INDReporter

This Week in Random: The Crying, um, Italian from Kaplan?

by Heather Miller

Who doesn't remember "the crying Indian" from Keep America Beautiful's 1971 iconic anti-pollution public service announcement? But did you know that the Indian featured in the commercial, the same Indian who led a full career as an Indian actor, was an Italian from Kaplan? Special shout out to graphic designer Lindsay Dreher of Archpoint Consulting for today's totally random and useless fun fact:

Who doesn't remember "the crying Indian" from Keep America Beautiful's 1971 iconic anti-pollution public service announcement? But did you know that the Indian featured in the commercial, the same Indian who led a full career as an Indian actor, was an Italian from Kaplan?

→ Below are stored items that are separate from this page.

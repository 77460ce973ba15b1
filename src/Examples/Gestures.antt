-- ===== src/Examples/Gestures.antt =====
-- The gesture filter at concrete inputs.
use linuxwacom.Prelude.{ℕ, ◌≡◌, refl, true, false, [], ◌∷◌}
use linuxwacom.Prelude.Int.{pos}
use linuxwacom.Xdrv.Events.{DeviceState, none}
use linuxwacom.Xdrv.Usb.State.{blank}
use linuxwacom.Xdrv.Gestures.State.{control_l, Fingers, Gesture}
use linuxwacom.Xdrv.Gestures.Clicks.{released, calls, calls-released}

abbrev finger : ℕ → ℕ → ℕ → DeviceState
finger prox a b = record blank { proximity = prox; x = pos a; y = pos b; sample = 100 }

-- Two fingers that have come from the row 100 to the row `y`. The distances of the fingers are the same.
abbrev moved_to : ℕ → Fingers
moved_to y = record {
  ds0 = finger 1 100 y;
  ds1 = finger 1 200 y;
  last0 = finger 1 100 y;
  last1 = finger 1 200 y;
  time = 5000;
  tap_time = 250;
  scroll_distance = 20;
  zoom_distance = 50;
  enabled = true;
  absolute = false;
  rotation = none;
  max_x = pos 1000;
  max_y = pos 1000;
  apart = λ now initial. 0;
  zoomed = λ now initial. pos 0;
}

abbrev resting : Gesture
resting = record {
  mode = 0;
  touchpad = false;
  direction = 0;
  used = 0;
  initial0 = finger 1 100 100;
  initial1 = finger 1 200 100;
  stamp = 0;
  buttons = 0;
  old_buttons = 0;
  posted = [];
}

-- A scroll of five steps, and then of one more.
calls-released_example :
    released 4 control_l (calls ((moved_to 200, 0) ∷ (moved_to 220, 1) ∷ []) resting).posted ≡ true
unfolding released
calls-released_example =
    calls-released 4 control_l ((moved_to 200, 0) ∷ (moved_to 220, 1) ∷ []) resting refl
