-- ===== src/Intuos/PadKeys.antt =====
-- What the pad packets say of keys.
use linuxwacom.Prelude.{
  ℕ, ◌≤◌, ◌<◌, ◌≡◌, ◌∙◌, refl, false, bit_and, bit_or, not, ◌&&◌, arith, nonzero, List, [], ◌∷◌,
  All, if◌then◌else◌, when, ◌|>◌,
}
use linuxwacom.Input.{
  Key, held, key_index, same_key, tool_finger, btn_0, abs_wheel, abs_throttle, abs_rx, abs_ry,
}
use linuxwacom.Wacom.{
  Kind, Wac, Packet, is_type, report_key, report_abs, set_tool, intuos4s, intuos4l, intuos5s,
  intuospl, dtk, wacom_13hd, wacom_24hd, at_least, at_most,
}
use linuxwacom.Intuos.Pads.{
  report_keys, post_keys, keys_intuos4, more_intuos4, keys_dtk, keys_13hd, keys_24hd, keys_intuos5,
  list_21ux2, progs_22hd, list_strips, ring, presence, pad, pad_intuos4, pad_dtk, pad_13hd,
  pad_24hd, pad_intuos5, pad_strips, keys_21ux2, keys_strips, strips_in_use, strip, pad_of,
  in_use_24hd, in_use_intuos5,
}

-- The keys that are no tools.
abbrev pub IsButtons : List (Key × ℕ) → Type 0
IsButtons ps = All (λ p. key_index p.0 < 30) ps

pub held-report_keys :
    (k : Key) (ps : List (Key × ℕ)) (w : Wac)
    → 30 ≤ key_index k
    → IsButtons ps
    → held k (report_keys ps w).posted ≡ held k w.posted
unfolding post_keys
held-report_keys k [] w h b = refl
held-report_keys k ((j, v) ∷ ps) w h b =
    held-report_keys k ps (report_key j v w) h b.1 ∙ ground (arith, b.0)

pub quiet-report_keys :
    (k : Key) (ps : List (Key × ℕ)) (w : Wac)
    → All (λ p. p.1 ≡ 0) ps
    → held k w.posted ≡ false
    → held k (report_keys ps w).posted ≡ false
unfolding post_keys
quiet-report_keys k [] w z h = h
quiet-report_keys k ((j, v) ∷ ps) w z h =
    quiet-report_keys k ps (report_key j v w) z.1 (ground (arith, z.0))

pub held-presence :
    (k : Key) (n : ℕ) (w : Wac)
    → held k (presence n w).posted ≡ (if same_key (w.tool 1) k then nonzero n else held k w.posted)
unfolding presence
held-presence k n w = ground arith

-- What a pad packet does to a key `k` of a tool or the pad (`n` is the pad's presence).
abbrev Only : Key → ℕ → Wac → Wac → Type 0
Only k n w w' = held k w'.posted ≡ (if same_key (w.tool 1) k then nonzero n else held k w.posted)

module _ (k : Key) (d : Packet) (w : Wac) (tool : 30 ≤ key_index k) where
  pad_intuos4-Only : Only k (bit_or (bit_or (d 1) (bit_and (d 2) 0x01)) (d 3)) w (pad_intuos4 d w)
  unfolding pad_intuos4
  pad_intuos4-Only =
      let w1 = report_keys (keys_intuos4 d) w in
      let w2 = report_abs abs_wheel (ring (d 1)) w1 in
      let w3 = when (not (is_type w2.features.kind intuos4s)) (report_keys (more_intuos4 d)) w2 in
      ground (
        arith,
        held-presence k (bit_or (bit_or (d 1) (bit_and (d 2) 0x01)) (d 3)) w3,
        held-report_keys k (keys_intuos4 d) w tool (omega arith),
        held-report_keys k (more_intuos4 d) w2 tool (omega arith),
      )

  pad_dtk-Only : Only k (bit_and (d 6) 0x3f) w (pad_dtk d w)
  unfolding pad_dtk
  pad_dtk-Only = ground (
    arith,
    held-presence k (bit_and (d 6) 0x3f) (report_keys (keys_dtk d) w),
    held-report_keys k (keys_dtk d) w tool (omega arith),
  )

  pad_13hd-Only : Only k (bit_or (bit_and (d 3) 0x01) (d 4)) w (pad_13hd d w)
  unfolding pad_13hd
  pad_13hd-Only = ground (
    arith,
    held-presence k (bit_or (bit_and (d 3) 0x01) (d 4)) (report_keys (keys_13hd d) w),
    held-report_keys k (keys_13hd d) w tool (omega arith),
  )

  pad_24hd-Only : Only k (in_use_24hd d) w (pad_24hd d w)
  unfolding pad_24hd
  pad_24hd-Only =
      let w1 = report_keys (keys_24hd d) w in
      ground (
        arith,
        held-presence k (in_use_24hd d)
            (w1 |> report_abs abs_wheel (ring (d 1)) |> report_abs abs_throttle (ring (d 2))),
        held-report_keys k (keys_24hd d) w tool (omega arith),
      )

  pad_intuos5-Only : Only k (in_use_intuos5 d) w (pad_intuos5 d w)
  unfolding pad_intuos5
  pad_intuos5-Only =
      let first = (btn_0, bit_and (d 3) 0x01) ∷ [] in
      let w1 = report_keys first w in
      let w2 = report_keys (keys_intuos5 d) w1 in
      ground (
        arith,
        held-presence k (in_use_intuos5 d) (report_abs abs_wheel (ring (d 2)) w2),
        held-report_keys k first w tool (omega arith),
        held-report_keys k (keys_intuos5 d) w1 tool (omega arith),
      )

  frame-keys_21ux2 :
      ((keys_21ux2 d w).tool ≡ w.tool) × (held k (keys_21ux2 d w).posted ≡ held k w.posted)
  unfolding keys_21ux2
  frame-keys_21ux2 =
      let w1 = report_keys (list_21ux2 d) w in
      (
        ground arith,
        ground (
          arith,
          held-report_keys k (list_21ux2 d) w tool (omega arith),
          held-report_keys k (progs_22hd d) w1 tool (omega arith),
        ),
      )

  frame-keys_strips :
      ((keys_strips d w).tool ≡ w.tool) × (held k (keys_strips d w).posted ≡ held k w.posted)
  unfolding keys_strips
  frame-keys_strips = (refl, held-report_keys k (list_strips d) w tool (omega arith))

  pad_strips-Only : Only k (strips_in_use d) w (pad_strips d w)
  unfolding pad_strips
  pad_strips-Only =
      let sides = λ (v : Wac).
        v |> report_abs abs_rx (strip (d 1) (d 2)) |> report_abs abs_ry (strip (d 3) (d 4)) in
      ground (
        arith,
        held-presence k (strips_in_use d) (sides (keys_21ux2 d w)),
        held-presence k (strips_in_use d) (sides (keys_strips d w)),
        frame-keys_21ux2,
        frame-keys_strips,
      )

-- The presence that a pad packet reports, by the model.
unfoldable pub in_use : Kind → Packet → ℕ
in_use kind d =
    if at_least kind intuos4s && at_most kind intuos4l
    then bit_or (bit_or (d 1) (bit_and (d 2) 0x01)) (d 3)
    else if is_type kind dtk
    then bit_and (d 6) 0x3f
    else if is_type kind wacom_13hd
    then bit_or (bit_and (d 3) 0x01) (d 4)
    else if is_type kind wacom_24hd
    then in_use_24hd d
    else if at_least kind intuos5s && at_most kind intuospl
    then in_use_intuos5 d
    else strips_in_use d

pad_of-Only :
    (kind : Kind) (k : Key) (d : Packet) (w : Wac)
    → 30 ≤ key_index k
    → Only k (in_use kind d) w (pad_of kind d w)
unfolding pad_of in_use
pad_of-Only kind k d w tool = ground (
  arith,
  pad_intuos4-Only k d w tool,
  pad_dtk-Only k d w tool,
  pad_13hd-Only k d w tool,
  pad_24hd-Only k d w tool,
  pad_intuos5-Only k d w tool,
  pad_strips-Only k d w tool,
)

-- A pad packet touches no key of a tool, and reports the pad itself near exactly if its presence is
-- not 0, on every model.
pub pad-held :
    (k : Key) (d : Packet) (w : Wac)
    → 30 ≤ key_index k
    → held k (pad d w).posted
      ≡ (if same_key tool_finger k then nonzero (in_use w.features.kind d) else held k w.posted)
unfolding pad
pad-held k d w tool = ground (
  arith,
  pad_of-Only w.features.kind k d w tool,
  pad_of-Only w.features.kind k d (set_tool 1 tool_finger w) tool,
)

-- The pad keeps to `tool[1]`.
pub tool-pad : (d : Packet) (w : Wac) → (pad d w).tool 0 ≡ w.tool 0
unfolding pad pad_of pad_intuos4 pad_dtk pad_13hd pad_24hd pad_intuos5 pad_strips keys_21ux2
    keys_strips presence
tool-pad d w = ground arith

pub features-pad : (d : Packet) (w : Wac) → (pad d w).features ≡ w.features
unfolding pad pad_of pad_intuos4 pad_dtk pad_13hd pad_24hd pad_intuos5 pad_strips keys_21ux2
    keys_strips presence
features-pad d w = ground arith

According to a Wikipedia article Dreher came across today, Iron Eyes Cody apparently wasn't a "crying Indian." He was a rich Italian who made a successful Hollywood career for himself by taking on an American Indian persona that he continued to claim even after his true background came to surface. This from a Snopes.com article that exposes Cody's Italian and Louisiana roots:

Iron Eyes Cody was born Espera Decorti on 3 April 1904 in the small town of Kaplan, Louisiana. He was the son of Francesca Salpietra and Antonio DeCorti, she an immigrant from Sicily who had arrived in the USA in 1902, and he another immigrant who had arrived in America not long before her. Theirs was an arranged marriage, and the couple had four children ... In 1909, when Espera was five years old, Antonio DeCorti abandoned his wife and children and headed for Texas. Francesca married again, this time to a man named Alton Abshire, with whom she bore five more children.

As teenagers the three DeCorti boys joined their father in Texas. He had since altered his name from Antonio DeCorti to Tony Corti, and the boys apparently followed suit as far as their surname was concerned. In 1924, following their father's death, the boys moved to Hollywood, changed "Corti" to "Cody," and began working in the motion picture industry. It was about this time Iron Eyes began presenting himself to the world as an Indian. Iron Eyes' two brothers, Joseph William and Frank Henry, found work as extras but soon drifted into other lines of work. Iron Eyes went on to achieve a full career as an actor, appearing in well over a hundred movies and dozens of television shows across the span of several decades.

Although Iron Eyes was not born an Indian, he lived his adult years as one. He pledged his life to Native American causes, married an Indian woman (Bertha Parker), adopted two Indian boys ... and seldom left home without his beaded moccasins, buckskin jacket and braided wig. His was not a short-lived masquerade nor one that was donned and doffed whenever expedient - he maintained his fiction throughout his life and steadfastly denied rumors that he was not an Indian, even after his half-sister surfaced to tell the story [to The Times-Picayune] in 1996 and to provide pointers to the whereabouts of his birth certificate and other family documents.

Cody died 5 January 1999 at the age of 94.